I would very much appreciate help/guidance as to how to appropriately handle this multiple membership problem.

  • Operating System: OSX 10.14.6
  • brms Version: 2.10.0

(1) Is the correct solution I think. You can always achieve the desired weighting using the weights argument.

Thanks for your reply, @paul.buerkner. Do you have a sense for why (3) gives different fits depending on which group is used to replace the NAs? Taken together with the behaviour of (2), it seems like the weights argument never treats a zero weight as I had expected.

Let me check, what zero weights actually imply. Perhaps there is a bug in that regard.

When I run

dat <- data.frame(
  y = rnorm(100), x1 = rnorm(100), x2 = rnorm(100),
  g1 = sample(1:10, 100, TRUE), g2 = sample(1:10, 100, TRUE),
  w1 = rep(1, 100), w2 = c(1, rep(0, 99))
)

make_standata(y ~ x1 + (1|mm(g1, g2, weights = cbind(w1, w2))), data = dat)

I see that the weights are correctly zero.

Great, thanks! This resolves my question for now. I’ll re-open if I learn anything else from continued testing with approaches (1) and (3).

Revisiting this, @wpetry, I’m wondering if you learned more about option 3, which would seemingly be useful in cases where an observed outcome should have zero weights across the board. For example, imagine a dataset in which hospital patients’ outcomes are modeled in part as a function of the nurses who provided care for them (a multiple membership structure), but some patients had no nurses assigned to them for one reason or another.
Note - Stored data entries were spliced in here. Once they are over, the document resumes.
-- ===== src/LineReader/Lines.antt =====
-- The reader hands out the lines of the file, however the file system cuts the file into reads.
use duck_hunt.Prelude.{
  ℕ, zero, suc, ◌+◌, ◌<◌, ◌≡◌, refl, sym, ap, Bool, true, false, not, Option, some, List, [], ◌∷◌,
  ◌++◌, Text, map, length, take, drop, is_empty, arith, take-append-drop, length-append, subst,
}
use duck_hunt.Lines.{lf, split_at_delim, split_lines, pop_cr}
use duck_hunt.Lines.Split.{split_lines_cons, length-split_at_delim}
use duck_hunt.LineReader.{
  FileHandle, LineReader, line_reader, has_next, next_line, read_lines, other_sizes,
}
use duck_hunt.LineReader.Next.{
  Holds, LineGiven, reader, fill_buffer-end, fill_buffer-more, next_line_loop-LineGiven,
}

-- The reader before it looks whether there is a next line, and after it.
pub record HasNext (s : Text) (n : ℕ) (result : Bool × LineReader) : Type 0 where
  pub next : LineReader
  pub given : result ≡ (not (is_empty s), next)
  pub holds : Holds next s
  pub numbered : next.line_number ≡ n

has_next-HasNext :
    (p rest : Text) (sizes : List ℕ) (n : ℕ) (e : Bool)
    → (e ≡ true → rest ≡ [])
    → HasNext (p ++ rest) n (has_next (reader p rest sizes n e))
unfolding has_next
has_next-HasNext (c ∷ p) rest sizes n e w = record {
  next = reader (c ∷ p) rest sizes n e;
  given = refl;
  holds = record { content = refl; at_end = w };
  numbered = refl;
}
has_next-HasNext [] [] sizes n true w = record {
  next = reader [] [] sizes n true;
  given = refl;
  holds = record { content = refl; at_end = w };
  numbered = refl;
}
has_next-HasNext [] (c ∷ s) sizes n true w = absurd (ground (arith, w refl))
has_next-HasNext [] [] sizes n false w = record {
  next = reader [] [] (other_sizes sizes) n true;
  given = (rw (fill_buffer-end sizes n));
  holds = record { content = refl; at_end = λ q. refl };
  numbered = refl;
}
has_next-HasNext [] (c ∷ s) sizes n false w =
    let (m, e) = fill_buffer-more c s sizes n in
    record {
      next = reader (c ∷ take m s) (drop m s) (other_sizes sizes) n false;
      given = (rw e);
      holds = record {
        content = ap (λ t. c ∷ t) (sym (take-append-drop m s));
        at_end = λ q. absurd (ground (arith, q));
      };
      numbered = refl;
    }

-- What the loop over the lines reads.
record LinesRead (s : Text) (n : ℕ) (result : Option (List Text × LineReader)) : Type 0 where
  last : LineReader
  given : result ≡ some (map pop_cr (split_lines lf s), last)
  numbered : last.line_number ≡ length (split_lines lf s) + n

pub has_next-Holds : (r : LineReader) (s : Text) → Holds r s → HasNext s r.line_number (has_next r)
has_next-Holds r s h =
    subst (λ t. HasNext t r.line_number (has_next r)) (sym h.content)
      (has_next-HasNext r.pending r.file_handle.rest r.file_handle.sizes r.line_number r.eof
        h.at_end)

pub next_line-Holds :
    (g : ℕ) (r : LineReader) (s : Text)
    → Holds r s
    → length s < g
    → is_empty s ≡ false
    → LineGiven [] s r.line_number (next_line g r)
next_line-Holds g r s h k l =
    subst (λ t. LineGiven [] t r.line_number (next_line g r)) (sym h.content)
      (next_line_loop-LineGiven g [] r.pending r.file_handle.rest r.file_handle.sizes r.line_number
        r.eof (omega (arith, k, length-append r.pending r.file_handle.rest, ap length h.content))
        h.at_end (rw h.content at l))

read_lines_done :
    (g f : ℕ) (r r' : LineReader)
    → has_next r ≡ (false, r')
    → read_lines g (suc f) r ≡ some ([], r')
unfolding read_lines
read_lines_done g f r r' h = (rw h)

read_lines_more :
    (g f : ℕ) (r r' r'' last : LineReader) (l : Text) (ls : List Text)
    → has_next r ≡ (true, r')
    → next_line g r' ≡ some (l, r'')
    → read_lines g f r'' ≡ some (ls, last)
    → read_lines g (suc f) r ≡ some (l ∷ ls, last)
unfolding read_lines
read_lines_more g f r r' r'' last l ls h k m = (rw (h, k, m))

read_lines-LinesRead :
    (g f : ℕ) (r : LineReader) (s : Text)
    → Holds r s
    → length s < g
    → length s < f
    → LinesRead s r.line_number (read_lines g f r)
unfolding split_lines
read_lines-LinesRead g zero r s h k l = absurd (omega (arith, l))
read_lines-LinesRead g (suc f) r [] h k l =
    let asked = has_next-Holds r [] h in
    record {
      last = asked.next;
      given = read_lines_done g f r asked.next asked.given;
      numbered = omega (arith, asked.numbered);
    }
read_lines-LinesRead g (suc f) r (c ∷ s) h k l =
    let asked = has_next-Holds r (c ∷ s) h in
    let line = next_line-Holds g asked.next (c ∷ s) asked.holds k refl in
    let shorter = length-split_at_delim lf c s in
    let more =
      read_lines-LinesRead g f line.next (split_at_delim lf (c ∷ s)).1 line.holds
        (omega (arith, k, shorter)) (omega (arith, l, shorter)) in
    record {
      last = more.last;
      given = rw (split_lines_cons lf c s) (
          read_lines_more g f r asked.next line.next more.last _ _ asked.given line.given
            more.given);
      numbered =
          rw (split_lines_cons lf c s)
            (omega (arith, more.numbered, line.numbered, asked.numbered));
    }

-- With fuel for each byte of the file, the loop over `HasNext` and `NextLine` reads the pieces of
-- the content between line feeds, each without one carriage return at its end, whatever sizes the
-- reads of the file system have, and the reader's line number is the number of these lines.
pub read_lines-line_reader :
    (h : FileHandle)
    → (last : LineReader) × ((read_lines (suc (length h.rest)) (suc (length h.rest)) (line_reader h)
          ≡ some (map pop_cr (split_lines lf h.rest), last))
        × (last.line_number ≡ length (split_lines lf h.rest)))
read_lines-line_reader h =
    let holds : Holds (line_reader h) h.rest = record {
      content = refl;
      at_end = λ q. absurd (ground (arith, q));
    } in
    let result =
      read_lines-LinesRead (suc (length h.rest)) (suc (length h.rest)) (line_reader h) h.rest holds
        (omega arith) (omega arith) in
    (result.last, (result.given, omega (arith, result.numbered)))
I was able to use @paul.buerkner’s solution for my problem, and haven’t encountered a problem like the one you describe. I wonder whether zeroing out the multi-membership term would do what you describe in the patient care scenario. Wouldn’t this imply that patients with no nurse would have an outcome that was the same as an average nurse or group of nurses (i.e., equal to the population-level intercept)? I may be way off base, but my off-the-cuff inclination would be to encode “no nurse” as one of the multimembership group ids. This would allow the outcomes for these patients to deviate strongly from the population-level mean.

Thanks, Will. For background, I’m borrowing concepts from this paper by Tranmer, Pallotti, and Lomi: The embeddedness of organizational performance: Multiple Membership Multiple Classification Models for the analysis of multilevel networks - ScienceDirect

At one point, the authors write: "If the network did include isolates, the rows of W corresponding to those isolates would have zero weights, w_{i,j}, for all columns of W.

Implementing this is brms has been a little tricky because the brm() function throws an error message when all of the weights are zero (which is probably sensible overall). As a workaround, I’ve been building on your Option 3 while assigning an infinitesimal decimal amount to the pre-existing level that I’m including as a dummy of sorts for the first multiple membership level (and then zero weights for all other pre-existing levels assigned to the case). That seems inelegant but reasonable in light of the constraints. I’d be grateful for any feedback.